▶ [WHAT NEEDS TO BE DONE] Reproduce, from the lines below, exactly the stretch that begins at the line containing "(n : Net) (c : Client) (object_name field : Text) (chunks" and ends at the line containing "chunks ≡ records)", both included.
[Opening RECORDS TO USE section]
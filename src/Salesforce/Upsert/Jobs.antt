-- ===== src/Salesforce/Upsert/Jobs.antt =====
-- What an upsert that returns has done.
use automated_outreach_proto.Prelude.{
  ℕ, zero, suc, ◌≡◌, refl, Bool, true, false, not, Option, List, [], ◌∷◌, arith, All, is_some, ok,
  ok-injective, is_zero,
}
use automated_outreach_proto.Text.{Text, codes}
use automated_outreach_proto.Text.Equality.{text_eq_iff}
use automated_outreach_proto.Dict.{Dict}
use automated_outreach_proto.Json.{Json, str, int, get_or, index, to_str}
use automated_outreach_proto.Io.{lift, and_then-eq-ok}
use automated_outreach_proto.Salesforce.Http.{Net, to_int, text_of}
use automated_outreach_proto.Salesforce.Bulk.{
  Client, Session, is_state, create_upsert_job, upload_batch, close_job, wait_for_job,
  failed_results,
}
use automated_outreach_proto.Salesforce.Upsert.{
  Record, JobResult, batches, to_csv, failed_csv, completed, concluded, upsert_batch,
  upsert_batches, upsert_records,
}
use automated_outreach_proto.Salesforce.Upsert.Batches.{
  concat, IsBatch, concat-batches, batches-IsBatch,
}

-- The job is complete, and the failed records are there exactly when some failed.
pub record IsComplete (r : JobResult) : Type 0 where
  pub state_complete : r.state ≡ codes "JobComplete"
  pub reported : is_some r.failed_results_csv ≡ not (is_zero r.failed)

-- Each result is that of the job of its batch.
pub data Jobs (n : Net) (c : Client) (object_name field : Text)
    : List (List Record) → List JobResult → Type 0 where
  no_job : Jobs n c object_name field [] []
  a_job :
      (chunk : List Record) (s : Session n) (r : JobResult) {rest : List (List Record)}
      {rs : List JobResult}
      → (upsert_batch n c object_name field chunk s).0 ≡ ok r
      → IsComplete r
      → Jobs n c object_name field rest rs
      → Jobs n c object_name field (chunk ∷ rest) (r ∷ rs)

failed_csv-reported :
    (n : Net) (c : Client) (job_id : Text) (none_failed : Bool) (s : Session n) (o : Option Text)
    → (failed_csv n c job_id none_failed s).0 ≡ ok o
    → is_some o ≡ not none_failed
unfolding failed_csv
failed_csv-reported n c job_id true s o h = rw (← ok-injective h) refl
failed_csv-reported n c job_id false s o h =
    let (text, _, k, _) = and_then-eq-ok (failed_results n c job_id s) _ h in
    rw (← ok-injective k) refl

is_state-one :
    (n : Net) (state : Json) (t : Text) → is_state state (t ∷ []) ≡ true → text_of n state ≡ t
unfolding to_str
is_state-one n (str s) t h = (text_eq_iff s t).0 (ground arith)
is_state-one n _ t h = cc

completed-IsComplete :
    (n : Net) (c : Client) (job_id : Text) (info : Dict Json) (state : Json) (s : Session n)
    (r : JobResult)
    → text_of n state ≡ codes "JobComplete"
    → (completed n c job_id info state s).0 ≡ ok r
    → IsComplete r
unfolding completed
completed-IsComplete n c job_id info state s r e h =
    let (failed, _, h1, _) =
      and_then-eq-ok (lift (to_int n (get_or (codes "numberRecordsFailed") (int 0) info)) s) _ h in
    let (processed, _, h2, _) =
      and_then-eq-ok (lift (to_int n (get_or (codes "numberRecordsProcessed") (int 0) info)) s) _
        h1 in
    let (csv, k, h3, _) = and_then-eq-ok (failed_csv n c job_id (is_zero failed) s) _ h2 in
    rw (← ok-injective h3) (record {
      state_complete = e;
      reported = failed_csv-reported n c job_id (is_zero failed) s csv k;
    })

concluded-IsComplete :
    (n : Net) (c : Client) (job_id : Text) (info : Dict Json) (state : Json) (complete : Bool)
    (s : Session n) (r : JobResult)
    → is_state state (codes "JobComplete" ∷ []) ≡ complete
    → (concluded n c job_id info state complete s).0 ≡ ok r
    → IsComplete r
unfolding concluded
concluded-IsComplete n c job_id info state true s r e h =
    completed-IsComplete n c job_id info state s r (is_state-one n state (codes "JobComplete") e) h
concluded-IsComplete n c job_id info state false s r e h = cc

upsert_batch-IsComplete :
    (n : Net) (c : Client) (object_name field : Text) (chunk : List Record) (s : Session n)
    (r : JobResult)
    → (upsert_batch n c object_name field chunk s).0 ≡ ok r
    → IsComplete r
unfolding upsert_batch
upsert_batch-IsComplete n c object_name field chunk s r h =
    let (job_id, _, h1, _) = and_then-eq-ok (create_upsert_job n c object_name field s) _ h in
    let s1 = (create_upsert_job n c object_name field s).1 in
    let (csv, _, h2, _) = and_then-eq-ok (lift (to_csv n chunk) s1) _ h1 in
    let (_, _, h3, _) = and_then-eq-ok (upload_batch n c job_id csv s1) _ h2 in
    let s2 = (upload_batch n c job_id csv s1).1 in
    let (_, _, h4, _) = and_then-eq-ok (close_job n c job_id s2) _ h3 in
    let s3 = (close_job n c job_id s2).1 in
    let (info, _, h5, _) = and_then-eq-ok (wait_for_job n c job_id s3) _ h4 in
    let s4 = (wait_for_job n c job_id s3).1 in
    let (state, _, h6, _) = and_then-eq-ok (lift (index (codes "state") info) s4) _ h5 in
    concluded-IsComplete n c job_id info state (is_state state (codes "JobComplete" ∷ [])) s4 r refl
      h6

upsert_batches-Jobs :
    (n : Net) (c : Client) (object_name field : Text) (chunks : List (List Record)) (s : Session n)
    (rs : List JobResult)
    → (upsert_batches n c object_name field chunks s).0 ≡ ok rs
    → Jobs n c object_name field chunks rs
unfolding upsert_batches
upsert_batches-Jobs n c object_name field [] s rs h = rw (← ok-injective h) no_job
upsert_batches-Jobs n c object_name field (chunk ∷ rest) s rs h =
    let (r, p, h1, _) = and_then-eq-ok (upsert_batch n c object_name field chunk s) _ h in
    let s1 = (upsert_batch n c object_name field chunk s).1 in
    let (qs, q, h2, _) = and_then-eq-ok (upsert_batches n c object_name field rest s1) _ h1 in
    rw (← ok-injective h2) (
      a_job chunk s r p (upsert_batch-IsComplete n c object_name field chunk s r p)
        (upsert_batches-Jobs n c object_name field rest s1 qs q))

-- An upsert that returns has cut the records into batches, none of them empty or above the size,
-- that hold every record once and in order; each result is that of the job of its batch, in order,
-- each job is complete, and the failed records of a job are returned exactly when some failed.
pub upsert_records-Jobs :
    (n : Net) (c : Client) (records : List Record) (field object_name : Text) (size : ℕ)
    (s : Session n) (rs : List JobResult)
    → (upsert_records n c records field object_name size s).0 ≡ ok rs
    → (chunks : List (List Record)) × (concat chunks ≡ records)
      × All (IsBatch size) chunks
      × Jobs n c object_name field chunks rs
unfolding upsert_records
upsert_records-Jobs n c records field object_name zero s rs h = cc
upsert_records-Jobs n c records field object_name (suc size) s rs h = (
  batches (suc size) records,
  concat-batches (suc size) records (omega arith),
  batches-IsBatch (suc size) records (omega arith),
  upsert_batches-Jobs n c object_name field (batches (suc size) records) s rs h,
)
[Closing RECORDS TO USE section]
▶ [SOLUTION TO THE PROBLEM]
    (n : Net) (c : Client) (object_name field : Text) (chunks : List (List Record)) (s : Session n)
    (rs : List JobResult)
    → (upsert_batches n c object_name field chunks s).0 ≡ ok rs
    → Jobs n c object_name field chunks rs
unfolding upsert_batches
upsert_batches-Jobs n c object_name field [] s rs h = rw (← ok-injective h) no_job
upsert_batches-Jobs n c object_name field (chunk ∷ rest) s rs h =
    let (r, p, h1, _) = and_then-eq-ok (upsert_batch n c object_name field chunk s) _ h in
    let s1 = (upsert_batch n c object_name field chunk s).1 in
    let (qs, q, h2, _) = and_then-eq-ok (upsert_batches n c object_name field rest s1) _ h1 in
    rw (← ok-injective h2) (
      a_job chunk s r p (upsert_batch-IsComplete n c object_name field chunk s r p)
        (upsert_batches-Jobs n c object_name field rest s1 qs q))

-- An upsert that returns has cut the records into batches, none of them empty or above the size,
-- that hold every record once and in order; each result is that of the job of its batch, in order,
-- each job is complete, and the failed records of a job are returned exactly when some failed.
pub upsert_records-Jobs :
    (n : Net) (c : Client) (records : List Record) (field object_name : Text) (size : ℕ)
    (s : Session n) (rs : List JobResult)
    → (upsert_records n c records field object_name size s).0 ≡ ok rs
    → (chunks : List (List Record)) × (concat chunks ≡ records)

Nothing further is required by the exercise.